Online education is established, growing, and here to stay. It is creating new opportunities for students and also for faculty, regulators of education, and the educational institutions themselves. Much of what is being learned by the practitioners will flow into the large numbers of blended courses that will be developed and delivered on most campuses. Some of what is being learned will certainly improve pedagogical approaches and possibly affect other important problems, such as the lengthening time to completion of a degree. Online education is already providing better access to education for many, and many more will benefit from this increased access in the coming years.
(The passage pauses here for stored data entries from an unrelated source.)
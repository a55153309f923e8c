-- ===== src/Utilities.antt =====
-- The battery readings and `parse_utc` of components/sniffer_core/utilities.cpp.
pub mod Utc
pub mod Charge
mod Tests
use surveillance_hound.Common.{
  ℕ, zero, suc, ◌+◌, ◌-◌, ◌*◌, ◌/◌, ◌%◌, ◌^◌, ◌≤◌, ◌<◌, min, max, pred, ◌≡◌, refl, sym, ap, ap₂,
  subst, ◌∙◌, ◌≢◌, ◌↔◌, ◌⊎◌, inl, inr, Bool, true, false, not, ◌&&◌, ◌||◌, Option, none, some, List,
  [], ◌∷◌, ◌++◌, map, arith, ltb, leb, ◌==◌, if◌then◌else◌, bool_eq, to_bit, Bool-cases,
  Option-cases, get_or, length, all, byte_at,
}
use surveillance_hound.Common.Int.{ℤ, pos, negsuc}

pub record BatteryCalibration : Type 0 where
  pub adc : List ℕ
  pub millivolts : List ℕ
  pub enabled : Bool

unfoldable pub valid_battery : BatteryCalibration → Bool
valid_battery c =
    leb 50 (byte_at c.adc 0)
    && leb (byte_at c.adc 2) 4095
    && ltb (byte_at c.adc 0 + 20) (byte_at c.adc 1)
    && ltb (byte_at c.adc 1 + 20) (byte_at c.adc 2)
    && leb 2500 (byte_at c.millivolts 0)
    && leb (byte_at c.millivolts 2) 4500
    && ltb (byte_at c.millivolts 0 + 100) (byte_at c.millivolts 1)
    && ltb (byte_at c.millivolts 1 + 100) (byte_at c.millivolts 2)

-- base + (x - from) * rise / run, where the division rounds towards zero, and what is below zero
-- counts as zero.
unfoldable pub interpolate : ℕ → ℕ → ℕ → ℕ → ℕ → ℕ
interpolate base x from rise run =
    if leb from x then base + (x - from) * rise / run else base - (from - x) * rise / run

-- `none` is -1; the reading is not negative.
unfoldable pub battery_mv : BatteryCalibration → ℕ → Option ℕ
unfolding valid_battery interpolate
battery_mv c adc =
    if not (valid_battery c) || ltb 4095 adc
    then none
    else let i = if ltb adc (byte_at c.adc 1) then 0 else 1 in
      some (
        min 5000 (
          interpolate (byte_at c.millivolts i) adc (byte_at c.adc i)
            (byte_at c.millivolts (i + 1) - byte_at c.millivolts i)
            (byte_at c.adc (i + 1) - byte_at c.adc i)))

abbrev pub voltage : List ℕ
voltage = 3300 ∷ 3500 ∷ 3650 ∷ 3700 ∷ 3750 ∷ 3800 ∷ 3900 ∷ 4000 ∷ 4100 ∷ 4200 ∷ []

abbrev pub percent : List ℕ
percent = 0 ∷ 5 ∷ 15 ∷ 25 ∷ 40 ∷ 55 ∷ 70 ∷ 80 ∷ 90 ∷ 100 ∷ []

-- The loop over the rest of the curve, behind the point (v, p).
unfoldable pub percent_from : ℕ → ℕ → ℕ → List ℕ → List ℕ → ℕ
unfolding interpolate
percent_from mv v p (v' ∷ vs) (p' ∷ ps) =
    let rest = percent_from mv v' p' vs ps in
    if ltb mv v' then interpolate p mv v (p' - p) (v' - v) else rest
percent_from mv v p _ _ = 100

-- A voltage that is not negative; the code gives -1 for a negative one.
unfoldable pub battery_percent : ℕ → ℕ
unfolding percent_from
battery_percent mv =
    percent_from mv 3300 0 (3500 ∷ 3650 ∷ 3700 ∷ 3750 ∷ 3800 ∷ 3900 ∷ 4000 ∷ 4100 ∷ 4200 ∷ [])
      (5 ∷ 15 ∷ 25 ∷ 40 ∷ 55 ∷ 70 ∷ 80 ∷ 90 ∷ 100 ∷ [])

-- The lambda `n` of `parse_utc`: the number of `size` digits from i on.
unfoldable pub number : List ℕ → ℕ → ℕ → ℕ → ℕ
number s v i zero = v
number s v i (suc size) = number s (v * 10 + byte_at s i - b'0') (i + 1) size

abbrev pub days : List ℕ
days = 31 ∷ 28 ∷ 31 ∷ 30 ∷ 31 ∷ 30 ∷ 31 ∷ 31 ∷ 30 ∷ 31 ∷ 30 ∷ 31 ∷ []

-- days[m - 1] + (m == 2 && leap)
unfoldable pub month_days : Bool → ℕ → ℕ
month_days leap m = get_or days (m - 1) 0 + to_bit ((m == 2) && leap)

-- The days of the first n years from 1970.
unfoldable pub year_start : ℕ → ℕ
year_start zero = 0
year_start (suc n) = year_start n + 365 + to_bit ((1970 + n) % 4 == 0)

-- The days of the first n months.
unfoldable pub month_start : Bool → ℕ → ℕ
unfolding month_days
month_start leap zero = 0
month_start leap (suc n) = month_start leap n + month_days leap (suc n)

unfoldable pub bad_time : ℕ → ℕ → ℕ → ℕ → ℕ → Bool
unfolding month_days
bad_time year month day hour minute =
    ltb year 2020
    || ltb 2099 year
    || ltb month 1
    || ltb 12 month
    || ltb 23 hour
    || ltb 59 minute
    || ltb day 1
    || ltb (month_days (year % 4 == 0) month) day

unfoldable pub utc_seconds : ℕ → ℕ → ℕ → ℕ → ℕ → ℕ
unfolding year_start month_start
utc_seconds year month day hour minute =
    (year_start (year - 1970) + month_start (year % 4 == 0) (month - 1) + day - 1) * 86400
    + hour * 3600
    + minute * 60

unfoldable pub checked_time : ℕ → ℕ → ℕ → ℕ → ℕ → Option ℕ
unfolding bad_time utc_seconds
checked_time year month day hour minute =
    if bad_time year month day hour minute
    then none
    else some (utc_seconds year month day hour minute)

unfoldable pub parse_utc : List ℕ → Option ℕ
unfolding number checked_time
parse_utc s =
    if not (length s == 12) || not (all (λ c. not (ltb c b'0' || ltb b'9' c)) s)
    then none
    else checked_time (number s 0 0 4) (number s 0 4 2) (number s 0 6 2) (number s 0 8 2)
        (number s 0 10 2)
The purpose of the Sloan Consortium (Sloan-C) is to help learning organizations continually improve quality, scale, and breadth according to their own distinctive missions, so that education will become a part of everyday life, accessible and affordable for anyone, anywhere, at any time, in a wide variety of disciplines. Created with funding from the Alfred P. Sloan Foundation, Sloan-C encourages the collaborative sharing of knowledge and effective practices to improve online education in learning effectiveness, access, affordability for learners and providers, and student and faculty satisfaction.
Blended learning can be seen as the means to achieving a greater sense of “localness” on the part of colleges and universities. Blended learning has been evolving for several years and while definitions vary from one institution to another, it is defined in this paper essentially as a combination of face-to-face and online learning. Localness is a term used at the Alfred P. Sloan Foundation as part of a new funding initiative to support academic programs designed to strengthen a college or university connection to its core constituencies. The purpose of this paper is to explore the relationship of blended learning and “localness”.